- Task details:
Below are entries. Copy exactly the lines running from the line that holds "uv observed w).1.gestures" to the line that holds "arith, ground arith)", with both ends included.
*** Opening Raw data ***
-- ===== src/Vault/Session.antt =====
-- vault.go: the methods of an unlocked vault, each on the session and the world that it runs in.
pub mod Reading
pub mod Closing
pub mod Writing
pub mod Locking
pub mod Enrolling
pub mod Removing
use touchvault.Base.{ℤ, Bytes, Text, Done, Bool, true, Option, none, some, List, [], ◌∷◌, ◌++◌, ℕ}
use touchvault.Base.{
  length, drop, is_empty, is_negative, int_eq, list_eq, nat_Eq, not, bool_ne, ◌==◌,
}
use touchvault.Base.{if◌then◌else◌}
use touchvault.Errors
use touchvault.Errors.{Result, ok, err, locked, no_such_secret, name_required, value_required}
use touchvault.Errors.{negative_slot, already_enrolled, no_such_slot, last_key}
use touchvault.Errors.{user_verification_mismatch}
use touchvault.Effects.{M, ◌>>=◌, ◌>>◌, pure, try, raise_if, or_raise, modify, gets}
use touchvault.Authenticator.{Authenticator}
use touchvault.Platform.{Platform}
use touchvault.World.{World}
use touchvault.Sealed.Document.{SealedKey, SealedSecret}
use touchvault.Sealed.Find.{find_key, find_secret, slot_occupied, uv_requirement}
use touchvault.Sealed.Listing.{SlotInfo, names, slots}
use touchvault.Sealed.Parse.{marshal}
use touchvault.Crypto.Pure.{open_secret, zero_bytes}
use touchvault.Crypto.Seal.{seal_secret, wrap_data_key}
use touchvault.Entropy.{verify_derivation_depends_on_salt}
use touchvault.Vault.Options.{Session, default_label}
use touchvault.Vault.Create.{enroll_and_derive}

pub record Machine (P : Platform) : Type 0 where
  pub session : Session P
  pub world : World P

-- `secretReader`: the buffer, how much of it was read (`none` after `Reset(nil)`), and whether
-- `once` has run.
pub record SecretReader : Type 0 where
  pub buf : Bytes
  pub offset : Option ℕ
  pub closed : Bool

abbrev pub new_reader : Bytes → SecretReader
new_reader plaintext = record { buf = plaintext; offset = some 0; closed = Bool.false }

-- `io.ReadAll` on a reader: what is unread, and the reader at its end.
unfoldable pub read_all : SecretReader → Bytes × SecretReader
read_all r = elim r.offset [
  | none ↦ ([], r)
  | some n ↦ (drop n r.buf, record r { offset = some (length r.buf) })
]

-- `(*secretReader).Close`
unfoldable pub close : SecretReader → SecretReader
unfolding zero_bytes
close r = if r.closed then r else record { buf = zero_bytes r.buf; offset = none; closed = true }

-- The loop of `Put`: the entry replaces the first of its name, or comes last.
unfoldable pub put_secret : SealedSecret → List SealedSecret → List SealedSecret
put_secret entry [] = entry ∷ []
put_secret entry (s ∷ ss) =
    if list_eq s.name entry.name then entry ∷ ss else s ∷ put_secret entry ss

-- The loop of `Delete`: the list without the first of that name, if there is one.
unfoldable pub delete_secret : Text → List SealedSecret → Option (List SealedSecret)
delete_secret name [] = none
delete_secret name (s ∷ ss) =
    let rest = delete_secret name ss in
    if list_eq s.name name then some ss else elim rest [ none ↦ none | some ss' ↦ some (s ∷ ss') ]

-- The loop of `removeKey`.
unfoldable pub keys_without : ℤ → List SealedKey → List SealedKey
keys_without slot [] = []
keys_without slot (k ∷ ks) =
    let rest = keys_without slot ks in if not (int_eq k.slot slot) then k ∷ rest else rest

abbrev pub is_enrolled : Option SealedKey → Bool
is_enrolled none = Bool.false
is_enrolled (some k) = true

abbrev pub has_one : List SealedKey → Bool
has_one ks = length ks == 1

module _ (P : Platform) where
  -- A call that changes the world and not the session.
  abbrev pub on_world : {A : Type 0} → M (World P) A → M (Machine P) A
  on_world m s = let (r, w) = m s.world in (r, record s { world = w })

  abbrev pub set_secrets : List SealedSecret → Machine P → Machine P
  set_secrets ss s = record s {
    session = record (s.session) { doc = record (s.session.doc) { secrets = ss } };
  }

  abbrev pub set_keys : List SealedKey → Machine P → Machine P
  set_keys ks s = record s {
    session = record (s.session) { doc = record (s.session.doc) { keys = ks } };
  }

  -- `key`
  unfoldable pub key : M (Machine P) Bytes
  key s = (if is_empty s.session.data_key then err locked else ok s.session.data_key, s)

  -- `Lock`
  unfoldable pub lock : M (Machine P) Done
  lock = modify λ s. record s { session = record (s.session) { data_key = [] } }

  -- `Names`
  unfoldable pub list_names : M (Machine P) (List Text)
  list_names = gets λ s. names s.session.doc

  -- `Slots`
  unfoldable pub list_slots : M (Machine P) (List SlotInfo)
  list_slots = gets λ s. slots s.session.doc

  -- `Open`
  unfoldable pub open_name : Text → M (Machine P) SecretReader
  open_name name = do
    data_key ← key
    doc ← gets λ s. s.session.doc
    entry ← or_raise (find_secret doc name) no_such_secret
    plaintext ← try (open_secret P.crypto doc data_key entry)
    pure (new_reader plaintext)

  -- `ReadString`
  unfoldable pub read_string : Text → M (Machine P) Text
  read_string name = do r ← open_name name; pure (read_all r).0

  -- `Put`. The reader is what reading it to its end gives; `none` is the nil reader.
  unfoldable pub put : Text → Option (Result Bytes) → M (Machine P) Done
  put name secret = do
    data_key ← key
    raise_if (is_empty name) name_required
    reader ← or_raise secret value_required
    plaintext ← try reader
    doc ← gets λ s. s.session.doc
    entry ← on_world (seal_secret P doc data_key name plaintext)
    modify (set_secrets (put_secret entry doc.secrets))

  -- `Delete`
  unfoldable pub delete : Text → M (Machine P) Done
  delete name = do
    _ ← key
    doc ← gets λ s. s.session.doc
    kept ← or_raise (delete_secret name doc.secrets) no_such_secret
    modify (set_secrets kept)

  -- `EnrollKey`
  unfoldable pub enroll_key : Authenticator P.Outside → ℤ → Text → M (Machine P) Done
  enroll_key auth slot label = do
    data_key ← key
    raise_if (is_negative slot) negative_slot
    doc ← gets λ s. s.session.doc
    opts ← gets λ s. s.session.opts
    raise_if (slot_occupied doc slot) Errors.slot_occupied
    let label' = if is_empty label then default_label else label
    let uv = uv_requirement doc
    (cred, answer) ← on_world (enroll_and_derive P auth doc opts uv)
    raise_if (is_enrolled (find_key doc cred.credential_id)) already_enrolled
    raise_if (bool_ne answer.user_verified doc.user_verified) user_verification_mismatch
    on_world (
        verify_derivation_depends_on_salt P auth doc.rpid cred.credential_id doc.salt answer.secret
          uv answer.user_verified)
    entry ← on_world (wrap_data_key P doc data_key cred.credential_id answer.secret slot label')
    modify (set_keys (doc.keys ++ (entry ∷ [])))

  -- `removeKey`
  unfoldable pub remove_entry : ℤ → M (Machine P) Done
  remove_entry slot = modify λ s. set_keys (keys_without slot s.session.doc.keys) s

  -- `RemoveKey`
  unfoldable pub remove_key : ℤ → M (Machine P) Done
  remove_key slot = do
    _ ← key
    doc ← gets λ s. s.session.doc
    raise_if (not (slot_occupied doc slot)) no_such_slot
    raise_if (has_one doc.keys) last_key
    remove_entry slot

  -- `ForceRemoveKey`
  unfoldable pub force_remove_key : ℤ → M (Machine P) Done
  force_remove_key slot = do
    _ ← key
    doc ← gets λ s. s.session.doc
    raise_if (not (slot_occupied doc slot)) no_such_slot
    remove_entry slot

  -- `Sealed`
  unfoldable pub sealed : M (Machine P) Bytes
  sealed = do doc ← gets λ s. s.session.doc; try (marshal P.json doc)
*** Closing Raw data ***
*** Opening Raw data ***
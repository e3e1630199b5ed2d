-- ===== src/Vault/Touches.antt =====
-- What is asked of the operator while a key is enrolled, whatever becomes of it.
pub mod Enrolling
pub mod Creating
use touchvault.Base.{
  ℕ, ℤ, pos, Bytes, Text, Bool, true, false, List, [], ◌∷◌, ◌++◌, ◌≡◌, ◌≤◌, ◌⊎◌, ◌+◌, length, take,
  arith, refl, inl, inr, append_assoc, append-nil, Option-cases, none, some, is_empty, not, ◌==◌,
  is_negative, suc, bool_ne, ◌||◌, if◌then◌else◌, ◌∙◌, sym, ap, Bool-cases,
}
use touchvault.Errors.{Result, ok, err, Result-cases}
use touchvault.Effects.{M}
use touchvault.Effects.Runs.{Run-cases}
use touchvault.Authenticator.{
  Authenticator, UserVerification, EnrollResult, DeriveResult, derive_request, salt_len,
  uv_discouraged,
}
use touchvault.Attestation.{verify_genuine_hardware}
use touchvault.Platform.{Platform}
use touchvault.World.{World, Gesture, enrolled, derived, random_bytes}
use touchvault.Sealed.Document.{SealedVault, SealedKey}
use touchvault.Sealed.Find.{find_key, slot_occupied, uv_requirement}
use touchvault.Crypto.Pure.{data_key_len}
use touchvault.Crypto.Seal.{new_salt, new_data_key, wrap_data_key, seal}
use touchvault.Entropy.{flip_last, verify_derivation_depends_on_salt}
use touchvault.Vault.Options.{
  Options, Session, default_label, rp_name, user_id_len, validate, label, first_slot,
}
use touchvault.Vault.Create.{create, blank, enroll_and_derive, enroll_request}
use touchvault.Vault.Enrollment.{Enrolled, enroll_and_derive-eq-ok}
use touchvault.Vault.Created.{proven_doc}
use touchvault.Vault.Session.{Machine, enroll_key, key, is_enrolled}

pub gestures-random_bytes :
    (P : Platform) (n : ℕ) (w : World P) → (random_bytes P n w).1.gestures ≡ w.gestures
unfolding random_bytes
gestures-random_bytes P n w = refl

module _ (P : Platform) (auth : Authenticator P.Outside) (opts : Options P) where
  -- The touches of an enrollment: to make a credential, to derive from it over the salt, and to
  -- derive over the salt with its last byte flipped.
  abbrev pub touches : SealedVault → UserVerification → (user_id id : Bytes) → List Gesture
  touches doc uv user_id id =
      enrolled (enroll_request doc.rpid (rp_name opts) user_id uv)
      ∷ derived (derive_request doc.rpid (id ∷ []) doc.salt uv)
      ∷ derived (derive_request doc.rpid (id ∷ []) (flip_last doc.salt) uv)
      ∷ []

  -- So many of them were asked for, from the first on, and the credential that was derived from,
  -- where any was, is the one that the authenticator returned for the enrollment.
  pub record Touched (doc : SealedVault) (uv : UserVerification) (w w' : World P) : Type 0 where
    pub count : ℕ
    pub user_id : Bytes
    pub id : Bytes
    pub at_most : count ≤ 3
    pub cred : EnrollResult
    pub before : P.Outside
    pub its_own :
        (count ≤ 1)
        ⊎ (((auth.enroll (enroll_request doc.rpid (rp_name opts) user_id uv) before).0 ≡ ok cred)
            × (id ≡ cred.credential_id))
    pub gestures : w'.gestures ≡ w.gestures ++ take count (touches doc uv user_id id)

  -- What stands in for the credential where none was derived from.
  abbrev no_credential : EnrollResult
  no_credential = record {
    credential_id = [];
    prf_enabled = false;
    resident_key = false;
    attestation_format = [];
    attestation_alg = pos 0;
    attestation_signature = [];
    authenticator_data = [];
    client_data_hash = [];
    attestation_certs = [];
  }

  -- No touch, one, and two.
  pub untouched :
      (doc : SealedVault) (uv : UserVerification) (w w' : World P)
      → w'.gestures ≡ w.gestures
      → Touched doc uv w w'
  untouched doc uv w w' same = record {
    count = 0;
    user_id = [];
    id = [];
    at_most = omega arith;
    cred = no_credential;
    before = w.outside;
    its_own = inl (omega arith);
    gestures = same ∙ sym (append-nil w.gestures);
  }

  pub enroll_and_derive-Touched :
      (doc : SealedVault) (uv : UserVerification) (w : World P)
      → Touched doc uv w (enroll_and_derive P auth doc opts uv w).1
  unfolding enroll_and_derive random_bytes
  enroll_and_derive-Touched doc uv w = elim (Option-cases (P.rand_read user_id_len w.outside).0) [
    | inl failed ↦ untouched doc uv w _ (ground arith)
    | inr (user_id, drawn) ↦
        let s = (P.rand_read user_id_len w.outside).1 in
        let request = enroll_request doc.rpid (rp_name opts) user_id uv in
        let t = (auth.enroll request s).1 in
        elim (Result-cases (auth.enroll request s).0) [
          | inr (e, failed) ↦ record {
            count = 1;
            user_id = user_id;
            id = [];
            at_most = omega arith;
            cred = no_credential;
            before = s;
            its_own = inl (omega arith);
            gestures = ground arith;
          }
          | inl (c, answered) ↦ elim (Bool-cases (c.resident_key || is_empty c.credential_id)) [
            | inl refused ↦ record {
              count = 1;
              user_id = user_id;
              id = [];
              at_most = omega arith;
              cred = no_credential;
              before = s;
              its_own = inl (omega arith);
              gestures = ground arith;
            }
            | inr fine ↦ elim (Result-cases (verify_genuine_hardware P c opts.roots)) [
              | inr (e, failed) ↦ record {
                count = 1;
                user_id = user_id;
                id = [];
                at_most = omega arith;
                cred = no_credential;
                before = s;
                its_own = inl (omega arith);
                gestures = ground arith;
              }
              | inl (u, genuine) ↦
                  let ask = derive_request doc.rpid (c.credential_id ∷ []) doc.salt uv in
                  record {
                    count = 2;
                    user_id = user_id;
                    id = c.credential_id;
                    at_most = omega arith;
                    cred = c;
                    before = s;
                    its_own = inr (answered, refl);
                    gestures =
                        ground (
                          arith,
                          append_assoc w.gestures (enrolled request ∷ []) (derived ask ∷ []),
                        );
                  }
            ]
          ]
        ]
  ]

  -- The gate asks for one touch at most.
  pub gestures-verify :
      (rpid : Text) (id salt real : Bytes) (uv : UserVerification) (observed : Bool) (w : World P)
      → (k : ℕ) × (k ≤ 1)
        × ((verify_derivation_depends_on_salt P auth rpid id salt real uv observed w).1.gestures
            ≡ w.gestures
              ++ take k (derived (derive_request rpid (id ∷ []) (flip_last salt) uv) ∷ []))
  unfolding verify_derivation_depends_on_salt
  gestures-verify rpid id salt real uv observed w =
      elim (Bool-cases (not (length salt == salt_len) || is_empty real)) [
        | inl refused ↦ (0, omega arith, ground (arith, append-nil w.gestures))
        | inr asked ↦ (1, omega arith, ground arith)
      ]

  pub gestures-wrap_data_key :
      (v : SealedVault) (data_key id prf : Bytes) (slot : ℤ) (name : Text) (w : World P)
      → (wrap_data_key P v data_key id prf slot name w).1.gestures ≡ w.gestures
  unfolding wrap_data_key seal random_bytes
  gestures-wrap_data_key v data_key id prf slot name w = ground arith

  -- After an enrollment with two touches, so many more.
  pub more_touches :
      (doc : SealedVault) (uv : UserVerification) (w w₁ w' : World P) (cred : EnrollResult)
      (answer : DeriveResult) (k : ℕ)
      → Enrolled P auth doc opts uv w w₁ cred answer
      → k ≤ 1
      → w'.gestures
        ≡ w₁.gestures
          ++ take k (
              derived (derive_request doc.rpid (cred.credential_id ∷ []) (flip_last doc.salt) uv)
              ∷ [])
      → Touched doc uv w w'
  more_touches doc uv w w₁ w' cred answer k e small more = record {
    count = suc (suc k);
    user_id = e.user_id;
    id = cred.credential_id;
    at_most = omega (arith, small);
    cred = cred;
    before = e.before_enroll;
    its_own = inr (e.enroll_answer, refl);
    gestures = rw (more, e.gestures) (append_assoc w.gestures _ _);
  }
*** Closing Raw data ***
*** Opening Raw data ***
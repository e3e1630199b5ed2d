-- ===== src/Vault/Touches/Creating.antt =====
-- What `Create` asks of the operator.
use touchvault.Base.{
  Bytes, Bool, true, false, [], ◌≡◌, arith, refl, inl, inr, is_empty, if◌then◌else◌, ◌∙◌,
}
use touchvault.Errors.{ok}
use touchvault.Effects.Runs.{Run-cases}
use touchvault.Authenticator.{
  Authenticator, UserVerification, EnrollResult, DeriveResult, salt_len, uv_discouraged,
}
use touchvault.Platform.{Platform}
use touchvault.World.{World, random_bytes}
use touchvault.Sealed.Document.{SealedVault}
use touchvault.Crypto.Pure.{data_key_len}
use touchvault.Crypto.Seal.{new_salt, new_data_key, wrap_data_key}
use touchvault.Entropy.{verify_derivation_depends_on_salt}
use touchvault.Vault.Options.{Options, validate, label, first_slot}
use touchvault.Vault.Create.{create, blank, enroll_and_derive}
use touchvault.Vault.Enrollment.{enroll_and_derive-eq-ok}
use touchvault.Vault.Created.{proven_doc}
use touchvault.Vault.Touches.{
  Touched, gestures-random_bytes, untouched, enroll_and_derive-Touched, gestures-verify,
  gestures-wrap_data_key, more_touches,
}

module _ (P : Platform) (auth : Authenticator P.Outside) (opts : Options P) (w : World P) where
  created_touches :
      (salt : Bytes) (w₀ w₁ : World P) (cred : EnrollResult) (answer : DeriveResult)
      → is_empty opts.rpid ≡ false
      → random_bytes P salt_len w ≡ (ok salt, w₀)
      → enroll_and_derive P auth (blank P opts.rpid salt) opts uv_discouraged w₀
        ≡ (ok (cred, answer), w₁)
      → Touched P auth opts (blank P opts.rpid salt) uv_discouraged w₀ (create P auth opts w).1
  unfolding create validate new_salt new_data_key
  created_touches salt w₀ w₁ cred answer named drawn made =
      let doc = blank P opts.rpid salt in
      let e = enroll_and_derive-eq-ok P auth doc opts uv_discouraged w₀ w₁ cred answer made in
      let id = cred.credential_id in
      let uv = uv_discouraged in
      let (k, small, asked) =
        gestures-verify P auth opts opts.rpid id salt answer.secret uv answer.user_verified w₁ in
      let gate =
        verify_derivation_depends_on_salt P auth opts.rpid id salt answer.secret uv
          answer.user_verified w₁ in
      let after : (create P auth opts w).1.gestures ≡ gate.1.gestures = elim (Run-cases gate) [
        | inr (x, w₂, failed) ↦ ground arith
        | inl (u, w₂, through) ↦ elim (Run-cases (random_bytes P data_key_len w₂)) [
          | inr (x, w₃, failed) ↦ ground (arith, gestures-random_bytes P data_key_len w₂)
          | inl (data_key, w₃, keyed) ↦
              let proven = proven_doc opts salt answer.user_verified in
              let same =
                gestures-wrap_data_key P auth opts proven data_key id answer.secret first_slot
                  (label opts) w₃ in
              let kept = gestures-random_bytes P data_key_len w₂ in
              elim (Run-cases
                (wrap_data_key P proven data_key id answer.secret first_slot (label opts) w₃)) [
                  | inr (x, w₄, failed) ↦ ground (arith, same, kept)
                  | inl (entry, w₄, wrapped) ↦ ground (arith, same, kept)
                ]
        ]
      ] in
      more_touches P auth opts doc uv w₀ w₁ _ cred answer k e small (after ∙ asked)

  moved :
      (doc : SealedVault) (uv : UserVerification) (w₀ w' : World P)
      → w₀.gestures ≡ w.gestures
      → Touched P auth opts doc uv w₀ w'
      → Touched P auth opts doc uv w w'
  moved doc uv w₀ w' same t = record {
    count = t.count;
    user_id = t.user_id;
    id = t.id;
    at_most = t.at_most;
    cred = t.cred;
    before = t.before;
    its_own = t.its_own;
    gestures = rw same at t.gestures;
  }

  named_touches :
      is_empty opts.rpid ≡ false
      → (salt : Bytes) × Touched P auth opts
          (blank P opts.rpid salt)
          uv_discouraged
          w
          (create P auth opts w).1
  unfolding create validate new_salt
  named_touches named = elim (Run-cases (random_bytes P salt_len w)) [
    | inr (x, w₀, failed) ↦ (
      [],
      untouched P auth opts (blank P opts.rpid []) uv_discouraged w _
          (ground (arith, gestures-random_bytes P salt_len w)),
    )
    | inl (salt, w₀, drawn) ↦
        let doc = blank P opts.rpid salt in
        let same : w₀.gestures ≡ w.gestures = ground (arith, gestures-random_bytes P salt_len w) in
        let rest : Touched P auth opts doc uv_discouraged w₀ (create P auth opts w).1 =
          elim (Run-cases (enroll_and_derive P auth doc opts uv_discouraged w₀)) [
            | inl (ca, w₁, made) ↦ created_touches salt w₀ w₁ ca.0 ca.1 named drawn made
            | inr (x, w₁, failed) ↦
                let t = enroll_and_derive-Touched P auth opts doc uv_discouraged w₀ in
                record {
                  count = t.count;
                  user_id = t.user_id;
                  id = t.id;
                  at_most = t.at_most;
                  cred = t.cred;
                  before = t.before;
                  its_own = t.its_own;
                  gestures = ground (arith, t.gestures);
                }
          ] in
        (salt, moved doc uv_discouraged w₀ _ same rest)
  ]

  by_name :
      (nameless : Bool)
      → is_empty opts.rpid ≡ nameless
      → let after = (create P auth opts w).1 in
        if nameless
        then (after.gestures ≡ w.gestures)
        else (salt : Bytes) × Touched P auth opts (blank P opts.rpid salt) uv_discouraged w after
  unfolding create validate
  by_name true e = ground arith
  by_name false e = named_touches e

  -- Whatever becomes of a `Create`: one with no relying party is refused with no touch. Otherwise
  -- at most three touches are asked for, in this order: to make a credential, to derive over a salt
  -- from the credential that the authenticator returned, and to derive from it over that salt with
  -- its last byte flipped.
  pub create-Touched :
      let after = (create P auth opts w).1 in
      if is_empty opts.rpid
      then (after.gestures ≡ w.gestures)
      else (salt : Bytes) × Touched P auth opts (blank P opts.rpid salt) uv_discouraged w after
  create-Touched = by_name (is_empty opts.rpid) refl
*** Closing Raw data ***
- Worked solution:
        × ((verify_derivation_depends_on_salt P auth rpid id salt real uv observed w).1.gestures
            ≡ w.gestures
              ++ take k (derived (derive_request rpid (id ∷ []) (flip_last salt) uv) ∷ []))
  unfolding verify_derivation_depends_on_salt
  gestures-verify rpid id salt real uv observed w =
      elim (Bool-cases (not (length salt == salt_len) || is_empty real)) [
        | inl refused ↦ (0, omega arith, ground (arith, append-nil w.gestures))
        | inr asked ↦ (1, omega arith, ground arith)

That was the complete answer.